• **Raw data**:
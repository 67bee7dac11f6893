-- ===== src/Clock/Calendar.antt =====
-- The calendar of trunk/src/common/time_utils.cpp. An `int` is an integer: the sums and products are
-- those of the source as long as they fit. A quotient is cut towards zero.
use my_git_hub.Common.{
  ℕ, zero, suc, ◌*◌, ◌/◌, ◌%◌, Bool, true, false, ◌&&◌, ◌||◌, not, Option, none, some, List, [],
  ◌∷◌, if◌then◌else◌, get_elem?,
}
use my_git_hub.Common.Int.{ℤ, pos, negsuc, ◌+ℤ◌, ◌-ℤ◌, ltb_ℤ, eqb_ℤ, neg_part}

-- `-n`
abbrev pub neg_ℕ : ℕ → ℤ
neg_ℕ zero = pos 0
neg_ℕ (suc n) = negsuc n

infixl 70 ◌*ℤ◌ ◌/ℤ◌ ◌%ℤ◌
unfoldable pub ◌*ℤ◌ : ℕ → ℤ → ℤ
k *ℤ pos n = pos (k * n)
k *ℤ negsuc n = neg_ℕ (k * suc n)

unfoldable pub ◌/ℤ◌ : ℤ → ℕ → ℤ
pos n /ℤ k = pos (n / k)
negsuc n /ℤ k = neg_ℕ (suc n / k)

unfoldable pub ◌%ℤ◌ : ℤ → ℕ → ℤ
pos n %ℤ k = pos (n % k)
negsuc n %ℤ k = neg_ℕ (suc n % k)

unfoldable pub is_leap : ℤ → Bool
unfolding ◌%ℤ◌
is_leap year =
    if eqb_ℤ (year %ℤ 400) (pos 0)
    then true
    else if eqb_ℤ (year %ℤ 100) (pos 0)
    then false
    else if eqb_ℤ (year %ℤ 4) (pos 0)
    then true
    else false

-- `TimeUtils::is_leap_year`
unfoldable pub is_leap_year : ℤ → Bool
unfolding ◌%ℤ◌
is_leap_year year =
    eqb_ℤ (pos 0) (year %ℤ 4) && not (eqb_ℤ (pos 0) (year %ℤ 100)) || eqb_ℤ (pos 0) (year %ℤ 400)

unfoldable pub days_from_0 : ℤ → ℤ
unfolding ◌+ℤ◌ ◌-ℤ◌ ◌*ℤ◌ ◌/ℤ◌
days_from_0 year = let y = year -ℤ pos 1 in 365 *ℤ y +ℤ y /ℤ 400 -ℤ y /ℤ 100 +ℤ y /ℤ 4

unfoldable pub days_from_1970 : ℤ → ℤ
unfolding days_from_0 ◌-ℤ◌
days_from_1970 year = days_from_0 year -ℤ days_from_0 (pos 1970)

abbrev pub days : Bool → List ℕ
days false = 0 ∷ 31 ∷ 59 ∷ 90 ∷ 120 ∷ 151 ∷ 181 ∷ 212 ∷ 243 ∷ 273 ∷ 304 ∷ 334 ∷ []
days true = 0 ∷ 31 ∷ 60 ∷ 91 ∷ 121 ∷ 152 ∷ 182 ∷ 213 ∷ 244 ∷ 274 ∷ 305 ∷ 335 ∷ []

-- `days[leap][i]`; `none` is a place that the table does not have.
abbrev pub days_before : Bool → ℤ → Option ℕ
days_before leap (pos i) = get_elem? (days leap) i
days_before leap (negsuc i) = none

abbrev pub day_in_year : ℤ → Option ℕ → Option ℤ
day_in_year day none = none
day_in_year day (some n) = some (pos n +ℤ day -ℤ pos 1)

unfoldable pub days_from_1jan : ℤ → ℤ → ℤ → Option ℤ
unfolding is_leap ◌-ℤ◌
days_from_1jan year month day = day_in_year day (days_before (is_leap year) (month -ℤ pos 1))

-- `struct tm`, as far as it is read.
pub record Tm : Type 0 where
  pub tm_year : ℤ
  pub tm_mon : ℤ
  pub tm_mday : ℤ
  pub tm_hour : ℤ
  pub tm_min : ℤ
  pub tm_sec : ℤ

-- The year and the month that `internal_timegm` goes on with; the quotient is `years_diff`.
unfoldable pub carry_months : ℤ → ℤ → ℤ × ℤ
unfolding ◌+ℤ◌ ◌-ℤ◌ ◌*ℤ◌ ◌/ℤ◌ ◌%ℤ◌
carry_months year month =
    if ltb_ℤ (pos 11) month
    then (year +ℤ month /ℤ 12, month %ℤ 12)
    else if ltb_ℤ month (pos 0)
    then (
      year -ℤ (pos (neg_part month) +ℤ pos 11) /ℤ 12,
      month +ℤ 12 *ℤ ((pos (neg_part month) +ℤ pos 11) /ℤ 12),
    )
    else (year, month)

-- The seconds, from the days since 1970 before the year and the day in the year.
abbrev pub seconds : Tm → ℤ → Option ℤ → Option ℤ
seconds t days_before_year none = none
seconds t days_before_year (some day_of_year) = some (
    3600 * 24 *ℤ (days_before_year +ℤ day_of_year)
    +ℤ 3600 *ℤ t.tm_hour
    +ℤ 60 *ℤ t.tm_min
    +ℤ t.tm_sec)

abbrev pub in_year : Tm → ℤ × ℤ → Option ℤ
in_year t (year, month) =
    seconds t (days_from_1970 year) (days_from_1jan year (month +ℤ pos 1) t.tm_mday)

unfoldable pub internal_timegm : Tm → Option ℤ
unfolding carry_months ◌+ℤ◌
internal_timegm t = in_year t (carry_months (t.tm_year +ℤ pos 1900) t.tm_mon)
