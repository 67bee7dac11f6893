-- ===== src/Clock/Days.antt =====
-- The calendar against a count of the days, year by year and month by month.
use my_git_hub.Common.{
  ℕ, zero, suc, ◌+◌, ◌*◌, ◌/◌, ◌%◌, ◌<◌, ◌≡◌, refl, ap, ap₂, ◌∙◌, Bool, true, false, ◌&&◌, ◌||◌,
  not, Option, none, some, List, [], ◌∷◌, ◌==◌, if◌then◌else◌, arith, get_elem?, holds_up_to,
  holds_up_to_lem, Option-cases, Bool-cases, ltb, inl, inr,
}
use my_git_hub.Common.Int.{
  ℤ, pos, negsuc, pos_part, neg_part, ◌+ℤ◌, ◌-ℤ◌, eq_of_parts, +ℤ_parts, -ℤ_parts,
}
use my_git_hub.Clock.Calendar.{
  neg_ℕ, ◌*ℤ◌, ◌/ℤ◌, ◌%ℤ◌, is_leap, is_leap_year, days_from_0, days_from_1970, days, days_before,
  days_from_1jan, Tm, carry_months, internal_timegm, day_in_year, seconds, in_year,
}

-- The Gregorian rule.
abbrev pub leap : ℕ → Bool
leap y = y % 4 == 0 && (not (y % 100 == 0) || y % 400 == 0)

abbrev pub year_length : ℕ → ℕ
year_length y = if leap y then 366 else 365

-- The days of the years from 1 to `n`.
abbrev pub days_of_years : ℕ → ℕ
days_of_years zero = 0
days_of_years (suc n) = days_of_years n + year_length (suc n)

abbrev pub month_lengths : Bool → List ℕ
month_lengths b = 31 ∷ (if b then 29 else 28) ∷ 31 ∷ 30 ∷ 31 ∷ 30 ∷ 31 ∷ 31 ∷ 30 ∷ 31 ∷ 30 ∷ 31 ∷ []

-- The days of the first `n` months.
abbrev pub sum_of_first : ℕ → List ℕ → ℕ
sum_of_first zero xs = 0
sum_of_first (suc n) [] = 0
sum_of_first (suc n) (x ∷ xs) = x + sum_of_first n xs

days_of_years_lem : (n : ℕ) → days_of_years n + n / 100 ≡ 365 * n + n / 400 + n / 4
days_of_years_lem zero = omega arith
days_of_years_lem (suc n) = ground (arith, days_of_years_lem n)

count_days : ℤ → ℤ
count_days y = 365 *ℤ y +ℤ y /ℤ 400 -ℤ y /ℤ 100 +ℤ y /ℤ 4

count_days_lem : (n a b c d : ℕ) → n + c ≡ a + b + d → pos a +ℤ pos b -ℤ pos c +ℤ pos d ≡ pos n
count_days_lem n a b c d e = eq_of_parts (pos a +ℤ pos b -ℤ pos c +ℤ pos d) (pos n) (
    omega (
      arith,
      +ℤ_parts (pos a) (pos b),
      -ℤ_parts (pos a +ℤ pos b) (pos c),
      +ℤ_parts (pos a +ℤ pos b -ℤ pos c) (pos d),
      e,
    ))

days_from_0_lem : (n : ℕ) → days_from_0 (pos (suc n)) ≡ pos (days_of_years n)
unfolding days_from_0 ◌*ℤ◌ ◌/ℤ◌ count_days
days_from_0_lem n =
    let last : pos (suc n) -ℤ pos 1 ≡ pos n =
      eq_of_parts (pos (suc n) -ℤ pos 1) (pos n) (omega (arith, -ℤ_parts (pos (suc n)) (pos 1))) in
    ap count_days last
    ∙ count_days_lem (days_of_years n) (365 * n) (n / 400) (n / 100) (n / 4) (days_of_years_lem n)

is_leap_lem : (n : ℕ) → is_leap (pos n) ≡ leap n
unfolding is_leap ◌%ℤ◌
is_leap_lem n = ground arith

is_leap_year_lem : (n : ℕ) → is_leap_year (pos n) ≡ leap n
unfolding is_leap_year ◌%ℤ◌
is_leap_year_lem n = ground arith

in_table : Bool → ℕ → Bool
in_table b m = elim (get_elem? (days b) m) [
  | none ↦ false
  | some n ↦ n == sum_of_first m (month_lengths b)
]

table_right : (b : Bool) → holds_up_to (in_table b) 12 ≡ true
unfolding holds_up_to in_table
table_right true = refl
table_right false = refl

days_lem :
    (b : Bool) (m : ℕ) → m < 12 → get_elem? (days b) m ≡ some (sum_of_first m (month_lengths b))
unfolding in_table
days_lem b m h =
    let right : in_table b m ≡ true = holds_up_to_lem (in_table b) 12 m h (table_right b) in
    elim (Option-cases (get_elem? (days b) m)) [
      | inl e ↦ absurd (ground (arith, right))
      | inr (n, e) ↦ e ∙ ap some (ground (arith, right))
    ]

neg_parts : (k : ℕ) → (pos_part (neg_ℕ k) ≡ 0) × (neg_part (neg_ℕ k) ≡ k)
neg_parts zero = (refl, refl)
neg_parts (suc k) = (refl, refl)

scale_parts :
    (z : ℤ) → (pos_part (12 *ℤ z) ≡ 12 * pos_part z) × (neg_part (12 *ℤ z) ≡ 12 * neg_part z)
unfolding ◌*ℤ◌
scale_parts (pos k) = (refl, refl)
scale_parts (negsuc k) = neg_parts (12 * suc k)

pair : ℤ → ℤ → ℤ × ℤ
pair a b = (a, b)

module _ (year : ℤ) (n m : ℕ) (h : m < 12) where
  -- What the months since the year 0 say about the parts of the year.
  months_parts :
      (month : ℤ)
      → 12 *ℤ year +ℤ month ≡ pos (12 * suc n + m)
      → 12 * pos_part year + pos_part month ≡ 12 * neg_part year + neg_part month + (12 * suc n + m)
  months_parts month e =
      omega (arith, +ℤ_parts (12 *ℤ year) month, scale_parts year, ap pos_part e, ap neg_part e)

  -- `internal_timegm` carries the months that pass a year, in either direction.
  carry_months_lem :
      (month : ℤ)
      → 12 *ℤ year +ℤ month ≡ pos (12 * suc n + m)
      → carry_months year month ≡ (pos (suc n), pos m)
  unfolding carry_months ◌/ℤ◌ ◌%ℤ◌ pair
  carry_months_lem (pos j) e =
      let parts = months_parts (pos j) e in
      elim (Bool-cases (ltb 11 (j + 0))) [
        | inl y ↦
            let year' : year +ℤ pos (j / 12) ≡ pos (suc n) =
              eq_of_parts (year +ℤ pos (j / 12)) (pos (suc n))
                (ground (arith, +ℤ_parts year (pos (j / 12)), parts)) in
            let month' : pos (j % 12) ≡ pos m = ap pos (ground (arith, parts)) in
            rw y (ap₂ pair year' month')
        | inr k ↦
            let not_less : ltb (j + 0) 0 ≡ false = ground arith in
            let year' : year ≡ pos (suc n) =
              eq_of_parts year (pos (suc n)) (ground (arith, parts)) in
            let month' : pos j ≡ pos m = ap pos (ground (arith, parts)) in
            rw (k, not_less) (ap₂ pair year' month')
      ]
  carry_months_lem (negsuc j) e =
      let parts = months_parts (negsuc j) e in
      let q = (suc j + 11) / 12 in
      let not_greater : ltb (11 + suc j) 0 ≡ false = ground arith in
      let less : ltb 0 (0 + suc j) ≡ true = ground arith in
      let sum : pos (suc j) +ℤ pos 11 ≡ pos (suc j + 11) =
        eq_of_parts (pos (suc j) +ℤ pos 11) (pos (suc j + 11))
          (omega (arith, +ℤ_parts (pos (suc j)) (pos 11))) in
      let year' : year -ℤ pos q ≡ pos (suc n) =
        eq_of_parts (year -ℤ pos q) (pos (suc n)) (omega (arith, -ℤ_parts year (pos q), parts)) in
      let month' : negsuc j +ℤ 12 *ℤ pos q ≡ pos m =
        eq_of_parts (negsuc j +ℤ 12 *ℤ pos q) (pos m)
          (omega (arith, +ℤ_parts (negsuc j) (12 *ℤ pos q), scale_parts (pos q), parts)) in
      rw (not_greater, less)
        (ap (λ z. (year -ℤ z /ℤ 12, negsuc j +ℤ 12 *ℤ (z /ℤ 12))) sum ∙ ap₂ pair year' month')

-- The days from 1970 to the day `mday` of the month `m`, from 0 on, of the year `n + 1`.
abbrev pub days_since_epoch : ℕ → ℕ → ℤ → ℤ
days_since_epoch n m mday =
    pos (days_of_years n + sum_of_first m (month_lengths (leap (suc n)))) +ℤ mday -ℤ pos 719163

day_of_year :
    (n m : ℕ) (mday : ℤ)
    → m < 12
    → days_from_1jan (pos (suc n)) (pos m +ℤ pos 1) mday
      ≡ some (pos (sum_of_first m (month_lengths (leap (suc n)))) +ℤ mday -ℤ pos 1)
unfolding days_from_1jan
day_of_year n m mday h =
    let place : pos m +ℤ pos 1 -ℤ pos 1 ≡ pos m =
      eq_of_parts (pos m +ℤ pos 1 -ℤ pos 1) (pos m)
        (omega (arith, +ℤ_parts (pos m) (pos 1), -ℤ_parts (pos m +ℤ pos 1) (pos 1))) in
    ap (λ b. day_in_year mday (days_before b (pos m +ℤ pos 1 -ℤ pos 1))) (is_leap_lem (suc n))
    ∙ ap (λ z. day_in_year mday (days_before (leap (suc n)) z)) place
    ∙ ap (day_in_year mday) (days_lem (leap (suc n)) m h)

epoch : days_from_0 (pos 1970) ≡ pos 719162
unfolding days_from_0 ◌+ℤ◌ ◌-ℤ◌ ◌*ℤ◌ ◌/ℤ◌
epoch = refl

sum_of_days :
    (a b : ℕ) (mday : ℤ)
    → pos a -ℤ pos 719162 +ℤ (pos b +ℤ mday -ℤ pos 1) ≡ pos (a + b) +ℤ mday -ℤ pos 719163
sum_of_days a b mday = eq_of_parts _ _ (
    omega (
      arith,
      -ℤ_parts (pos a) (pos 719162),
      +ℤ_parts (pos b) mday,
      -ℤ_parts (pos b +ℤ mday) (pos 1),
      +ℤ_parts (pos a -ℤ pos 719162) (pos b +ℤ mday -ℤ pos 1),
      +ℤ_parts (pos (a + b)) mday,
      -ℤ_parts (pos (a + b) +ℤ mday) (pos 719163),
    ))

-- The seconds of a day since 1970 and of the time in the day.
abbrev pub total_seconds : Tm → ℤ → Option ℤ
total_seconds t d = some (3600 * 24 *ℤ d +ℤ 3600 *ℤ t.tm_hour +ℤ 60 *ℤ t.tm_min +ℤ t.tm_sec)

-- `internal_timegm` of a time in the month `m`, from 0 on, of the year `n + 1`, where the months may be
-- given as any number, also a negative one, that comes to that month: the seconds of the days from 1970
-- on, counted year by year by the Gregorian rule and month by month, and of the time in the day. The
-- numbers are those of the source where they fit in an `int`. `is_leap` and `TimeUtils::is_leap_year`
-- follow the Gregorian rule.
pub internal_timegm-days :
    (t : Tm) (n m : ℕ)
    → m < 12
    → 12 *ℤ (t.tm_year +ℤ pos 1900) +ℤ t.tm_mon ≡ pos (12 * suc n + m)
    → (internal_timegm t ≡ total_seconds t (days_since_epoch n m t.tm_mday))
      × (is_leap (pos (suc n)) ≡ leap (suc n))
      × (is_leap_year (pos (suc n)) ≡ leap (suc n))
unfolding internal_timegm days_from_1970
internal_timegm-days t n m h e =
    let start : days_from_1970 (pos (suc n)) ≡ pos (days_of_years n) -ℤ pos 719162 =
      ap₂ ◌-ℤ◌ (days_from_0_lem n) epoch in
    (
      ap (in_year t) (carry_months_lem (t.tm_year +ℤ pos 1900) n m h t.tm_mon e)
          ∙ ap₂ (seconds t) start (day_of_year n m t.tm_mday h)
          ∙ ap (total_seconds t) (
              sum_of_days (days_of_years n) (sum_of_first m (month_lengths (leap (suc n))))
                t.tm_mday),
      is_leap_lem (suc n),
      is_leap_year_lem (suc n),
    )
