-- ===== src/Clock/Defs.antt =====
-- `utime_t` of trunk/include/common/time_utils.h. The sums of two counts of nanoseconds are `int`s in
-- the source, which is the same below 2 ^ 31; a `time_t` is its 64-bit pattern.
use my_git_hub.Common.{ℕ, ◌+◌, ◌-◌, ◌*◌, ◌/◌, ◌%◌, Bool, ◌&&◌, ◌||◌, not, ◌==◌, ltb, if◌then◌else◌}
use my_git_hub.Common.Words.{add32, sub64, u32_mod, u64_mod}

-- 1000000000
abbrev pub giga : ℕ
giga = 1000000000

pub record Utime : Type 0 where
  pub tv_sec : ℕ
  pub tv_nsec : ℕ

abbrev pub sub32 : ℕ → ℕ → ℕ
sub32 a b = (a + (u32_mod - b % u32_mod)) % u32_mod

unfoldable pub normalize : Utime → Utime
normalize t =
    if ltb giga t.tv_nsec
    then record { tv_sec = add32 t.tv_sec (t.tv_nsec / giga); tv_nsec = t.tv_nsec % giga }
    else t

-- `utime_t(time_t s, int n)`
unfoldable pub utime : ℕ → ℕ → Utime
unfolding normalize
utime s n = normalize (record { tv_sec = s % u32_mod; tv_nsec = n % u32_mod })

abbrev pub is_zero : Utime → Bool
is_zero t = 0 == t.tv_sec && 0 == t.tv_nsec

abbrev pub usec : Utime → ℕ
usec t = t.tv_nsec / 1000

unfoldable pub to_nsec : Utime → ℕ
to_nsec t = (t.tv_nsec + t.tv_sec * giga) % u64_mod

unfoldable pub to_msec : Utime → ℕ
to_msec t = (t.tv_nsec / 1000000 + t.tv_sec * 1000) % u64_mod

-- `set_from_timeval`, of the patterns of seconds and microseconds
unfoldable pub set_from_timeval : ℕ → ℕ → Utime
set_from_timeval s us = record { tv_sec = s % u32_mod; tv_nsec = us * 1000 % u32_mod }

-- The binary `+` and `-`
unfoldable pub plus : Utime → Utime → Utime
unfolding utime
plus l r =
    utime (l.tv_sec + r.tv_sec + (l.tv_nsec + r.tv_nsec) / giga) ((l.tv_nsec + r.tv_nsec) % giga)

unfoldable pub minus : Utime → Utime → Utime
unfolding utime
minus l r =
    utime (sub64 (sub64 l.tv_sec r.tv_sec) (if ltb l.tv_nsec r.tv_nsec then 1 else 0))
      (sub32 l.tv_nsec r.tv_nsec + (if ltb l.tv_nsec r.tv_nsec then giga else 0))

-- `+=` and `-=`
unfoldable pub plus_assign : Utime → Utime → Utime
plus_assign l r = record {
  tv_sec = add32 l.tv_sec (r.tv_sec + (l.tv_nsec + r.tv_nsec) / giga);
  tv_nsec = add32 l.tv_nsec r.tv_nsec % giga;
}

unfoldable pub minus_assign : Utime → Utime → Utime
minus_assign l r =
    if ltb l.tv_nsec r.tv_nsec
    then record {
      tv_sec = sub32 (sub32 l.tv_sec r.tv_sec) 1;
      tv_nsec = add32 l.tv_nsec (sub64 giga r.tv_nsec);
    }
    else record { tv_sec = sub32 l.tv_sec r.tv_sec; tv_nsec = sub32 l.tv_nsec r.tv_nsec }

unfoldable pub gt : Utime → Utime → Bool
gt l r = ltb r.tv_sec l.tv_sec || l.tv_sec == r.tv_sec && ltb r.tv_nsec l.tv_nsec

unfoldable pub le : Utime → Utime → Bool
unfolding gt
le l r = not (gt l r)

unfoldable pub lt : Utime → Utime → Bool
lt l r = ltb l.tv_sec r.tv_sec || l.tv_sec == r.tv_sec && ltb l.tv_nsec r.tv_nsec

unfoldable pub ge : Utime → Utime → Bool
unfolding lt
ge l r = not (lt l r)

unfoldable pub eq : Utime → Utime → Bool
eq l r = l.tv_sec == r.tv_sec && l.tv_nsec == r.tv_nsec

unfoldable pub ne : Utime → Utime → Bool
ne l r = not (l.tv_sec == r.tv_sec) || not (l.tv_nsec == r.tv_nsec)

• **Assignment**: Where does the word "none" appear in the records? Copy every line that holds it.

• **Solution to the problem**:
  ℕ, zero, suc, ◌*◌, ◌/◌, ◌%◌, Bool, true, false, ◌&&◌, ◌||◌, not, Option, none, some, List, [],
-- `days[leap][i]`; `none` is a place that the table does not have.
days_before leap (negsuc i) = none
day_in_year day none = none
seconds t days_before_year none = none
  not, Option, none, some, List, [], ◌∷◌, ◌==◌, if◌then◌else◌, arith, get_elem?, holds_up_to,
  | none ↦ false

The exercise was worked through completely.